While this ensures correctness, it can hinder parallelism, especially for long-running transactions that lock many rows, reducing system throughput.
Pessimistic Strategy
In contrast, the Pessimistic Strategy allows transactions to run concurrently but guarantees serializable behavior by detecting and resolving conflicts dynamically.
Predicate Locking
Predicate Locking is a mechanism used to detect conflicts. It’s not about waiting for locks on tables or rows, but logical predicates in queries. If a conflict is detected, one transaction is allowed to proceed, while the others are aborted immediately.
Returning to the loan application example.
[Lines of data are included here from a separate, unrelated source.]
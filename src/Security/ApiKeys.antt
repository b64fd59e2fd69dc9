-- ===== src/Security/ApiKeys.antt =====
-- src/security/ApiKeys.hpp and Csrf.hpp. The random hexadecimal text, SHA-256 and the query for a
-- key that is not revoked are parameters; the query has `none` for no row and for an exception.
use tarassov_me.Prelude.{
  ℕ, ◌+◌, Bool, true, false, not, ◌&&◌, ◌||◌, [], ◌∷◌, ◌++◌, Option, none, some, Str, codes, length,
  leb, all, take, drop, ◌==◌, if◌then◌else◌, is_empty,
}
use tarassov_me.Prelude.Int.{ℤ}
use tarassov_me.External.Json.{JsonLib}
use tarassov_me.Utils.Hex.{constant_time_equals}
use tarassov_me.Utils.Strings.Prefix.{starts_with}
use tarassov_me.Security.Auth.{AuthPrincipal, after_scheme}

pub record GeneratedKey : Type 0 where
  pub plaintext : Str
  pub key_hash : Str
  pub prefix : Str

abbrev pub key_prefix : Str
key_prefix = codes "cpk_"

abbrev is_secret_char : ℕ → Bool
is_secret_char c = (leb 48 c && leb c 57) || (leb 97 c && leb c 102)

unfoldable pub looks_like_key : Str → Bool
looks_like_key tok =
    length tok == length key_prefix + 64
    && starts_with key_prefix tok
    && all is_secret_char (drop (length key_prefix) tok)

abbrev if_key : Option Str → Str → Str
if_key none other = other
if_key (some tok) other = if looks_like_key tok then tok else other

unfoldable pub extract_key : (Str → Str) → Str
extract_key header =
    let authz = header (codes "Authorization") in
    let from_authz =
      if_key (after_scheme (codes "Bearer ") authz)
        (if_key (after_scheme (codes "ApiKey ") authz) []) in
    if looks_like_key (header (codes "X-API-Key")) then header (codes "X-API-Key") else from_authz

unfoldable pub request_has_key : (Str → Str) → Bool
request_has_key header = not (is_empty (extract_key header))

-- `Csrf::passes`
unfoldable pub passes : Bool → Str → Str → Str → Bool
passes unsafe access_cookie token_cookie token_header =
    let equal = constant_time_equals token_cookie token_header in
    if not unsafe
    then true
    else if is_empty access_cookie
    then true
    else if is_empty token_cookie || is_empty token_header
    then false
    else equal

module _ (sha256_hex : Str → Str) where
  unfoldable pub generate : Str → GeneratedKey
  generate random_hex =
      let plaintext = key_prefix ++ random_hex in
      record { plaintext = plaintext; key_hash = sha256_hex plaintext; prefix = take 12 plaintext }

  module _ (J : JsonLib) (authed : Str → Option (Str × ℤ)) where
    open J use {Json, text, int, object}

    abbrev principal_of_row : Option (Str × ℤ) → Option (AuthPrincipal Json)
    principal_of_row none = none
    principal_of_row (some (user_id, permissions)) = some (record {
      subject = user_id;
      roles = [];
      scopes = [];
      raw_claims =
          object ((codes "sub", text user_id) ∷ (codes "permissions", int permissions) ∷ []);
    })

    unfoldable pub authenticate : (Str → Str) → Option (AuthPrincipal Json)
    authenticate header =
        let found = principal_of_row (authed (sha256_hex (extract_key header))) in
        if is_empty (extract_key header) then none else found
Suppose two transaction reads the same account (e.g., A
),
the predicate (AccountId = A
) is temporarily recorded in memory.
Next, the Withdrawal Transaction
tries to update the balance.
The database detects that there is an existing predicate (AccountId = A
) conflicted with the update,
so it aborts the least costly transaction (the one that has done less work),
e.g., the Loan Transaction
.
What if the loan transaction comes first and commits? If it releases the predicate lock immediately, nothing can stop the withdrawal transaction, and we face the anomaly again.
So, the predicate lock is actually released when all overlapping transactions complete.
Predicate Locking also supports range queries (e.g., WHERE value > ...
, WHERE value < ...
)
and helps prevent Phantom Reads.
However, Predicate Locking incurs runtime overhead: Each operation requires tracking predicates and checking for conflicts, which can significantly impact performance.
This Pessimistic Strategy minimizes blocking by enabling concurrency, making it suitable for complex transactions. But frequent transaction aborts and the cost of re-execution can offset the benefits.
Setting Isolation Level
Ultimately, it’s up to developers to choose an appropriate isolation level. Higher levels prevent more issues but can severely impact performance.
First and foremost, developers should:
- Identify potential anomalies for each transaction.
- Choose the lowest possible isolation level that safely prevents them.
There’s no guarantee that the selected isolation levels will be perfect! Testing under various transaction scenarios is essential to uncover subtle issues and fine-tune isolation choices.